• _Task details_: Of the records that follow, copy only the lines from the line containing "raise_if (not (is_truthy" to the line containing "unfoldable pub remove_device", both included, exactly as written.

Source records

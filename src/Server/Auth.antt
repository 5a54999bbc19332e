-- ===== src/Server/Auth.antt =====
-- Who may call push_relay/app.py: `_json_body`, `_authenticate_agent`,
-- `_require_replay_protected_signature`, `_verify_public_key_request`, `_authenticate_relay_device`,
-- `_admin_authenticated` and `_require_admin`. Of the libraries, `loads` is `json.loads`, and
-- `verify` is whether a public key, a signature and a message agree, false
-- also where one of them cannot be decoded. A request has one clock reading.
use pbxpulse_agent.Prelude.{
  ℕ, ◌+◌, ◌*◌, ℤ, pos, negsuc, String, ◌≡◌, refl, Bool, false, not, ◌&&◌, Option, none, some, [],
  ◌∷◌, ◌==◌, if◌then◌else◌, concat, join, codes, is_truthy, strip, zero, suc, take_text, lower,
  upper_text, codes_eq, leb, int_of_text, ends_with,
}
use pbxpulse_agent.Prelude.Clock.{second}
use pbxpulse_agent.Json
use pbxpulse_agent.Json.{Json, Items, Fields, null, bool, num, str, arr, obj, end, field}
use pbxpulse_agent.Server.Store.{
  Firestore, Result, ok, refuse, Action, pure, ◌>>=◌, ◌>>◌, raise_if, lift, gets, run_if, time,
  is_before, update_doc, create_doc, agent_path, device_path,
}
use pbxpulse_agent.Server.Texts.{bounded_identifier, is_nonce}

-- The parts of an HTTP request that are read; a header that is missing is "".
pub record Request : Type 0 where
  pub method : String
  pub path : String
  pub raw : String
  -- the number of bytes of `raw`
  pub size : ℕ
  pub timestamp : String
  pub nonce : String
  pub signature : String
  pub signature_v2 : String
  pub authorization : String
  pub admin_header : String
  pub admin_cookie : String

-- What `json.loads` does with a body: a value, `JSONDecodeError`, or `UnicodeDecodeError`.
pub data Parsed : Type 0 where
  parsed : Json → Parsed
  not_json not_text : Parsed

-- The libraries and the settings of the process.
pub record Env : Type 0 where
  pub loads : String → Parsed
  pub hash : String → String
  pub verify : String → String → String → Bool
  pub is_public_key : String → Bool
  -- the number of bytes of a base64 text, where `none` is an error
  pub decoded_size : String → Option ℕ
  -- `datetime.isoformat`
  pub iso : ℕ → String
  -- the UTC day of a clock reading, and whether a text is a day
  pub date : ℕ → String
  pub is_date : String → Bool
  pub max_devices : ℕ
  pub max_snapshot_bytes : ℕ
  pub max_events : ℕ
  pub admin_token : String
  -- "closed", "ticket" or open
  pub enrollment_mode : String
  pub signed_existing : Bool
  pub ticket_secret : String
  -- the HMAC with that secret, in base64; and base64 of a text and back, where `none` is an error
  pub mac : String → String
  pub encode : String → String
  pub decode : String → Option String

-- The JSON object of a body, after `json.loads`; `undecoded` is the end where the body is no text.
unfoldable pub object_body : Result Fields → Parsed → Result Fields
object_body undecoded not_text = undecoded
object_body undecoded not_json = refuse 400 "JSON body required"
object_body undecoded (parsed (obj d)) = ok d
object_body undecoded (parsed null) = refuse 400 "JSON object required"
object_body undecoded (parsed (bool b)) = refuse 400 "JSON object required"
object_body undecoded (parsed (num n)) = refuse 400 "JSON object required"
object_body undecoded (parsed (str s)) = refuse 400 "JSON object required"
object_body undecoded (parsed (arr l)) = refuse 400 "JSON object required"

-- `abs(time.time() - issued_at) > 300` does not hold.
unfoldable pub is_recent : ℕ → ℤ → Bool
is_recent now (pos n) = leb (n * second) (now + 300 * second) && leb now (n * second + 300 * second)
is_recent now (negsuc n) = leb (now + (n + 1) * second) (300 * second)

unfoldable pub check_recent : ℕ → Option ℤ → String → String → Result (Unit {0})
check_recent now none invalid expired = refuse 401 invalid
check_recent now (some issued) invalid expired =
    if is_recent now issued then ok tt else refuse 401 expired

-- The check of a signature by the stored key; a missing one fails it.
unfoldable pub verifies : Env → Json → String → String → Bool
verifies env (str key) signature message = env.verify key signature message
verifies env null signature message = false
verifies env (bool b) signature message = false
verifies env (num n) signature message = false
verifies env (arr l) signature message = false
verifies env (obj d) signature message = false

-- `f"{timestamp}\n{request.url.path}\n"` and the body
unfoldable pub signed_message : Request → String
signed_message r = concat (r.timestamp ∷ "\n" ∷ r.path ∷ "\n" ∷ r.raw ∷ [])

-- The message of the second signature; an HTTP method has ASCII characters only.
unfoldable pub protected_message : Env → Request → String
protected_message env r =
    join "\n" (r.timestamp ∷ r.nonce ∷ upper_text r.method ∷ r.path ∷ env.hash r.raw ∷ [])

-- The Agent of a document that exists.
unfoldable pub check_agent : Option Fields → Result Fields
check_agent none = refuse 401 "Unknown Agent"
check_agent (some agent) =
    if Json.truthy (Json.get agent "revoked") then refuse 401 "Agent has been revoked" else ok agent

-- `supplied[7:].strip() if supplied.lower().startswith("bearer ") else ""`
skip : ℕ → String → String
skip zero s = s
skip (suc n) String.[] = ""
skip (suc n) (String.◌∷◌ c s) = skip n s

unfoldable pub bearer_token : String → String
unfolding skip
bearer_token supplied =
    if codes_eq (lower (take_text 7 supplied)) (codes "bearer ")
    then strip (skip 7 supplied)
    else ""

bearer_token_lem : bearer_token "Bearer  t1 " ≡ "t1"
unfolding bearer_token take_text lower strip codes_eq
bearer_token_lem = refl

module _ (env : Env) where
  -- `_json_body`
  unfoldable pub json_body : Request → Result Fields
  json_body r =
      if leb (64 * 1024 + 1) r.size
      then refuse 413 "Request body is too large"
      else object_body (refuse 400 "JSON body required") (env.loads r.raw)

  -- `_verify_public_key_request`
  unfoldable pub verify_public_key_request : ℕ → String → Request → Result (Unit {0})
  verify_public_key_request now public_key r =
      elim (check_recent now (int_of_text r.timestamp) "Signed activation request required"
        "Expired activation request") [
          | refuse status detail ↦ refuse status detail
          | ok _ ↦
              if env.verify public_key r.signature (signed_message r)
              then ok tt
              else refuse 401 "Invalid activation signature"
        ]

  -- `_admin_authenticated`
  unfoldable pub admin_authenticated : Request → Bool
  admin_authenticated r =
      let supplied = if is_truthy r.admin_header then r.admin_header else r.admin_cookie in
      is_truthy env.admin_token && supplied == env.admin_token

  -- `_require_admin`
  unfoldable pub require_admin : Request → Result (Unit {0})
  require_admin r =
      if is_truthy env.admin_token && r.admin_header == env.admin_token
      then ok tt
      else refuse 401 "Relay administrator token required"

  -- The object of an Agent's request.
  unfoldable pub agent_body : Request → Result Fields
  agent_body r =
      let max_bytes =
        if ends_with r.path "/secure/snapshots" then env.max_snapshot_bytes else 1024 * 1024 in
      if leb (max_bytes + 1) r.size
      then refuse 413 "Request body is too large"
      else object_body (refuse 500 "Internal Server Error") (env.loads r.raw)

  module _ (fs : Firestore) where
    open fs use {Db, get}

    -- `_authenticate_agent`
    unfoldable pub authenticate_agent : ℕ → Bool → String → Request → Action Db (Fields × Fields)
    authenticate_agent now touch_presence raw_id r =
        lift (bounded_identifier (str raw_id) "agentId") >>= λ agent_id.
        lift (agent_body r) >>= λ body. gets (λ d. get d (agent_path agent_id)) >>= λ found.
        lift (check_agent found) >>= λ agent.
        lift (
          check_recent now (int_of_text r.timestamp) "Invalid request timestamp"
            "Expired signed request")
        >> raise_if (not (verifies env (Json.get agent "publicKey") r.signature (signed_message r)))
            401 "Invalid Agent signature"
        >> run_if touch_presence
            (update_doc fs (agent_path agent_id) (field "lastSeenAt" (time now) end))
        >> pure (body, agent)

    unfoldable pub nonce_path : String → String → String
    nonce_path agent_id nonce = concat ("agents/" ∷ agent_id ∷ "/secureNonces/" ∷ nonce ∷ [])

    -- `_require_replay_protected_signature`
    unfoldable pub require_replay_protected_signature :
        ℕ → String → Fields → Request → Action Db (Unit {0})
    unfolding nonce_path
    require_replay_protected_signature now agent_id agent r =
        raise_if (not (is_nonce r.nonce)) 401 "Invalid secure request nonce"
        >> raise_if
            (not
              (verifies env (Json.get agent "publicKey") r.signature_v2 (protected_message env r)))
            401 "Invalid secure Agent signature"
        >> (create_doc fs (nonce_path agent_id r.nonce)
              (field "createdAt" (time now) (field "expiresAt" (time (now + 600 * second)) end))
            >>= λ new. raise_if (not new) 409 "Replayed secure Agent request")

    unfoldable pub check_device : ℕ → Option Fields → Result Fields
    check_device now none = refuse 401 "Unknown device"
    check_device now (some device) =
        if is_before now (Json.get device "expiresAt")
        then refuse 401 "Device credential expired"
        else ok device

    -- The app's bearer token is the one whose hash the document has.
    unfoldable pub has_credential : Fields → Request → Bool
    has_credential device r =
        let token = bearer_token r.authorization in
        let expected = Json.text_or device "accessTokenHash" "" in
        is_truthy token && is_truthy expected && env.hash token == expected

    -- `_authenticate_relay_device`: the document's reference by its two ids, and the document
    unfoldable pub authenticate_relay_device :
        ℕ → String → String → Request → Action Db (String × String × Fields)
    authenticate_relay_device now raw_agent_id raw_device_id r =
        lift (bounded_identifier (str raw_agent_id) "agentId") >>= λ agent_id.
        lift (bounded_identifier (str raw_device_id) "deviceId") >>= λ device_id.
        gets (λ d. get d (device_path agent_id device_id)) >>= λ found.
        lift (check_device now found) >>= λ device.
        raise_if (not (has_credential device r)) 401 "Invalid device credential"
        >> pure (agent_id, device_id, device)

...

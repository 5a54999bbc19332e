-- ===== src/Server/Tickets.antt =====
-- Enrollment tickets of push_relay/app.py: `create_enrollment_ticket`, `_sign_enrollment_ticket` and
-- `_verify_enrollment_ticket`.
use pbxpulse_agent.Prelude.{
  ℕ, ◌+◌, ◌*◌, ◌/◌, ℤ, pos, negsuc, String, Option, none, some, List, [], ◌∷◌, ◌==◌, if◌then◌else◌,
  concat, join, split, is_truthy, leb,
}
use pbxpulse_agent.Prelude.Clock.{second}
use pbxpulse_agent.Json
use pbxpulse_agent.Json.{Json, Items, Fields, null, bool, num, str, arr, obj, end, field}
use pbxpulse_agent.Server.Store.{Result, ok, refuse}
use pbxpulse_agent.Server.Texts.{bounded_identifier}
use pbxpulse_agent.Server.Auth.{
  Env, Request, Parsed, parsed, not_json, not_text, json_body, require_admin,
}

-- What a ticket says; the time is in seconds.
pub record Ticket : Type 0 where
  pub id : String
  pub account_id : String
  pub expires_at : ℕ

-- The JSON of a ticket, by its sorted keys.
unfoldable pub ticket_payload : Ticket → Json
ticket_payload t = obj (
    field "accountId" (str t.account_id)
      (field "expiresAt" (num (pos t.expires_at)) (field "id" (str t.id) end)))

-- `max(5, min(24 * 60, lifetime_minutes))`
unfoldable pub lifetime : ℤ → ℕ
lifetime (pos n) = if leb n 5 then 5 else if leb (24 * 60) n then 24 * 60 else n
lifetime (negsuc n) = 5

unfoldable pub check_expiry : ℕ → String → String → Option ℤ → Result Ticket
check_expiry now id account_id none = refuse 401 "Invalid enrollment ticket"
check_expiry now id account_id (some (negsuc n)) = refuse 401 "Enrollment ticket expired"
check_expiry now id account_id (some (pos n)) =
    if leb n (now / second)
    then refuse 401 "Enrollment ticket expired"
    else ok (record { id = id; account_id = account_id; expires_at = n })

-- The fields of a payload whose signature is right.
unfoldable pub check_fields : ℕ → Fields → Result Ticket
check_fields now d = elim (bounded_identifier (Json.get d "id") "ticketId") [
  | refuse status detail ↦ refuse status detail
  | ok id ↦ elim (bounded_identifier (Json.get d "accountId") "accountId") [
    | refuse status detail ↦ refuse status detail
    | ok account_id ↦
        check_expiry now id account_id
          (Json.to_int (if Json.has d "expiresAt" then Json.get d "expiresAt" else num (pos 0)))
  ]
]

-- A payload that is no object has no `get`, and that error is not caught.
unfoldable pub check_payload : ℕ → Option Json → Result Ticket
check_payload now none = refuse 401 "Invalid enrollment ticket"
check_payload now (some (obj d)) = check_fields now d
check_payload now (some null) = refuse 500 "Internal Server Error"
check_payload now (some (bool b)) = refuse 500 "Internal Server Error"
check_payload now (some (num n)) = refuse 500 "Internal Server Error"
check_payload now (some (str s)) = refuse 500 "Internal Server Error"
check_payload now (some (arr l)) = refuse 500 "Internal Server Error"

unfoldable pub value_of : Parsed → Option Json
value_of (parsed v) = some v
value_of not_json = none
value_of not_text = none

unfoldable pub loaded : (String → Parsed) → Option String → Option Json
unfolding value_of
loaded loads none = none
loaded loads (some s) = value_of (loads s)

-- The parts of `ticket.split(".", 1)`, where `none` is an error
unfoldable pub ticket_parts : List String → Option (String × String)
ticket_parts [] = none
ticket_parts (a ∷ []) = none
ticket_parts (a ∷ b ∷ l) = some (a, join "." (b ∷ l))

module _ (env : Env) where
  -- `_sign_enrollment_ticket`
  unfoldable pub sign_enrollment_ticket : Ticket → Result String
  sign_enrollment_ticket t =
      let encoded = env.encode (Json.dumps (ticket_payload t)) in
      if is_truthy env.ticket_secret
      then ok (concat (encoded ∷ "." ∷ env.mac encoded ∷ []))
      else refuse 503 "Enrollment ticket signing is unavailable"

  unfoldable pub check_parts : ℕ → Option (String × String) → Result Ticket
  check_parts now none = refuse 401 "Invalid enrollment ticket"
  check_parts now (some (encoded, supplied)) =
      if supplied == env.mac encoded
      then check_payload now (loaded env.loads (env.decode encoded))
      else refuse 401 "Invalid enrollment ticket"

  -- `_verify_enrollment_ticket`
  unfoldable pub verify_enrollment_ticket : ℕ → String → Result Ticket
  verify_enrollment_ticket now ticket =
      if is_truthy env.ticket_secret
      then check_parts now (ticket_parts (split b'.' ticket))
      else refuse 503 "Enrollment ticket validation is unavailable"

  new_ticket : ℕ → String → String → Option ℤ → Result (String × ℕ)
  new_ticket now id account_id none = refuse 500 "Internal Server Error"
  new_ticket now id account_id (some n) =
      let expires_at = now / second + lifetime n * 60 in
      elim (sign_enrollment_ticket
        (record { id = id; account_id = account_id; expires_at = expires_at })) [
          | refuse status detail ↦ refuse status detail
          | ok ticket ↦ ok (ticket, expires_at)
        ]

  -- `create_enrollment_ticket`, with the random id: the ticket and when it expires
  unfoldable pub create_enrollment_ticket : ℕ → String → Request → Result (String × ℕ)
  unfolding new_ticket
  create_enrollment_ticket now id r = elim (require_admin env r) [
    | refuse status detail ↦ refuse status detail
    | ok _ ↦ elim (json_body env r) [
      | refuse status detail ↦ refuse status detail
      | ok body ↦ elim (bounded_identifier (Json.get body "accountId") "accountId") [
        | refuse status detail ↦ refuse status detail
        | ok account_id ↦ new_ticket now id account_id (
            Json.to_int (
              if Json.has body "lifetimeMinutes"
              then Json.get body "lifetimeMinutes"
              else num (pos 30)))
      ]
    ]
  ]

...

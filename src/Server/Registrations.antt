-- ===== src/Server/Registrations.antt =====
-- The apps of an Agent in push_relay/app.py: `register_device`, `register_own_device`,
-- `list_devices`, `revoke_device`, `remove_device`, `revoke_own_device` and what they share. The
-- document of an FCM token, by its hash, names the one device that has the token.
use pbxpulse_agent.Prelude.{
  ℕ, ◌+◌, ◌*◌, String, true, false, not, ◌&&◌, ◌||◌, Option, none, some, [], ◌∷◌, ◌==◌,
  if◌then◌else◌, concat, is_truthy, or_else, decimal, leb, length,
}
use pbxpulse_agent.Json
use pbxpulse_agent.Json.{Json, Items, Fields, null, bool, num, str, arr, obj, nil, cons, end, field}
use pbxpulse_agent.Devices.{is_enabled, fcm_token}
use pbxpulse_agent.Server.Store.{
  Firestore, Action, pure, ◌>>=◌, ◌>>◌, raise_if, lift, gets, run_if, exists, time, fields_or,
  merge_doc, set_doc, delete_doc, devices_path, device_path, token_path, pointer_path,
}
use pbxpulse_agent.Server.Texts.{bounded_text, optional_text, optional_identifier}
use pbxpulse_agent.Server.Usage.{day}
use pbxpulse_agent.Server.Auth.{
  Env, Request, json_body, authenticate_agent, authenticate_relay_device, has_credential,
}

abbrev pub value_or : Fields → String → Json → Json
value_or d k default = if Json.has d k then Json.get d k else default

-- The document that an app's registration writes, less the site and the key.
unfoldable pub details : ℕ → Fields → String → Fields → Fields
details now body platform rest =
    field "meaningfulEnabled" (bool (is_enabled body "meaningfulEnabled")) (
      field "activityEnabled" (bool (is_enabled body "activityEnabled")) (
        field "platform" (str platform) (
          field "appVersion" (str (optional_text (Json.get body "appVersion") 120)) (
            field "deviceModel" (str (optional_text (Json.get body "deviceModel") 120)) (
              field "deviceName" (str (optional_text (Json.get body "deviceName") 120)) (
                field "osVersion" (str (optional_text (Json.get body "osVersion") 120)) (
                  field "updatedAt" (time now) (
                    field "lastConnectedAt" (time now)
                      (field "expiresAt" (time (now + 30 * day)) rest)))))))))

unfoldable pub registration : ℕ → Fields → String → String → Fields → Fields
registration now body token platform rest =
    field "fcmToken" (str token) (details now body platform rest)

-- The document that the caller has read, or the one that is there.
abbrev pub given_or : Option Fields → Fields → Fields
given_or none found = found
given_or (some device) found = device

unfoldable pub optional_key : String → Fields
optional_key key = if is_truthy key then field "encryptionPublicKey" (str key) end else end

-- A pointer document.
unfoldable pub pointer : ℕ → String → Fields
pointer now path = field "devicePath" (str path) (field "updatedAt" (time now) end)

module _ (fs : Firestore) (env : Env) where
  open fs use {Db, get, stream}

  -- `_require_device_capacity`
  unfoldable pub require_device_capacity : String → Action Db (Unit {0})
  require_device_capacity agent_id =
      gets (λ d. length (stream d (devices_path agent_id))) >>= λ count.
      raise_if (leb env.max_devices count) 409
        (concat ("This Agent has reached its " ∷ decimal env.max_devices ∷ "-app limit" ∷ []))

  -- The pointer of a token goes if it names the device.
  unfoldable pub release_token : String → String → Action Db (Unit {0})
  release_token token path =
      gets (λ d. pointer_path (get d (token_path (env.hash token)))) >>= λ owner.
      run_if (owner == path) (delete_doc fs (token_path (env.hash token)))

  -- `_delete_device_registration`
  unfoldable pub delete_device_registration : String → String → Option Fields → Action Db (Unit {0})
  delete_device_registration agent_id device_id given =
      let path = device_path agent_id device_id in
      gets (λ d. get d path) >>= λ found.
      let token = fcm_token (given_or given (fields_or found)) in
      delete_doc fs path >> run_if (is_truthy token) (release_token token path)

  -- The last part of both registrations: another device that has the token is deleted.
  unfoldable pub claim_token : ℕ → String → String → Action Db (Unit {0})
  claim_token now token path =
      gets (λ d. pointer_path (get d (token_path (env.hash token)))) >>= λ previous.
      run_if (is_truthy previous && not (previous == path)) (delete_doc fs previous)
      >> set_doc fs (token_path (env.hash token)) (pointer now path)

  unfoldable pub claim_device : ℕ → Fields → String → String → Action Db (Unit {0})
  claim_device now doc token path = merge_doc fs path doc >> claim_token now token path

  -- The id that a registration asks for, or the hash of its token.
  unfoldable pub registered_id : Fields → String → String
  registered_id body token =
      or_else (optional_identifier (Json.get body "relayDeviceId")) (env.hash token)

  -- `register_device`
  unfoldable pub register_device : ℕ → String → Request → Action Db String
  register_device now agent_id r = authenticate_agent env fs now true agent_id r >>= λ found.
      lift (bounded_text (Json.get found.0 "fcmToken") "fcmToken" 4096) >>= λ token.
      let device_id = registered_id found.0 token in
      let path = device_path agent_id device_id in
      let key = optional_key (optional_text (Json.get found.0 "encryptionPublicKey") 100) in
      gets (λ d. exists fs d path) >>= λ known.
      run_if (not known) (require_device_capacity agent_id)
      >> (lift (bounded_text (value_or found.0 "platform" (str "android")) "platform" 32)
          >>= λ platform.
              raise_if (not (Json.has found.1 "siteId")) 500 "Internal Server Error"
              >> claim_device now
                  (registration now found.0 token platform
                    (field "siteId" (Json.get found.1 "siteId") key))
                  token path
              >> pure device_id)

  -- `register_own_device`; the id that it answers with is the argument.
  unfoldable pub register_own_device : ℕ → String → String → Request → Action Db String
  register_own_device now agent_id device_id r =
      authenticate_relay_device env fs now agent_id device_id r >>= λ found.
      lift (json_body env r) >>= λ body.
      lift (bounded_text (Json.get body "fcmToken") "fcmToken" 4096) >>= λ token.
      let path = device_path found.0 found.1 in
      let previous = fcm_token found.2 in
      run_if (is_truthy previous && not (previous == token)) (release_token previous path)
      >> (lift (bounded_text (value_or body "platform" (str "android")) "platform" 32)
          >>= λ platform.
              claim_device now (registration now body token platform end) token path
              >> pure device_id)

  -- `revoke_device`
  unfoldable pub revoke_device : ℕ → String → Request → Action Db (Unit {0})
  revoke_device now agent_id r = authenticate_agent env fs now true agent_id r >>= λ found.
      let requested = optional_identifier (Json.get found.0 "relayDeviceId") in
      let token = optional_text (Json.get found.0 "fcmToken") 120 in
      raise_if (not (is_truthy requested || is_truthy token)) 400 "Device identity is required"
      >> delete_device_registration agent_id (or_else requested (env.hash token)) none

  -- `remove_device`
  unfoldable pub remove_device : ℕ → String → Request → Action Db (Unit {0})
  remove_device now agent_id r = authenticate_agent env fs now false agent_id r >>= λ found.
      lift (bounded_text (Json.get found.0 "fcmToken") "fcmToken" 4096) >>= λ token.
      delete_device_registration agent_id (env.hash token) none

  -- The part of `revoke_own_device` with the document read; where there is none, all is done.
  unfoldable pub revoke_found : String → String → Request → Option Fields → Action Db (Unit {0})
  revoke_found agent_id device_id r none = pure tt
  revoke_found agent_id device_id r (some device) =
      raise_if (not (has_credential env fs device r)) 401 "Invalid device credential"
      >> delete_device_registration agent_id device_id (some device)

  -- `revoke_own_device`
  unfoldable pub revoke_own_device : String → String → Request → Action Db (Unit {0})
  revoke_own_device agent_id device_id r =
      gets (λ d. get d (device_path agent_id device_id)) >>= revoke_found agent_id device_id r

• _Output for this task_:
      raise_if (not (is_truthy requested || is_truthy token)) 400 "Device identity is required"
      >> delete_device_registration agent_id (or_else requested (env.hash token)) none

  -- `remove_device`
  unfoldable pub remove_device : ℕ → String → Request → Action Db (Unit {0})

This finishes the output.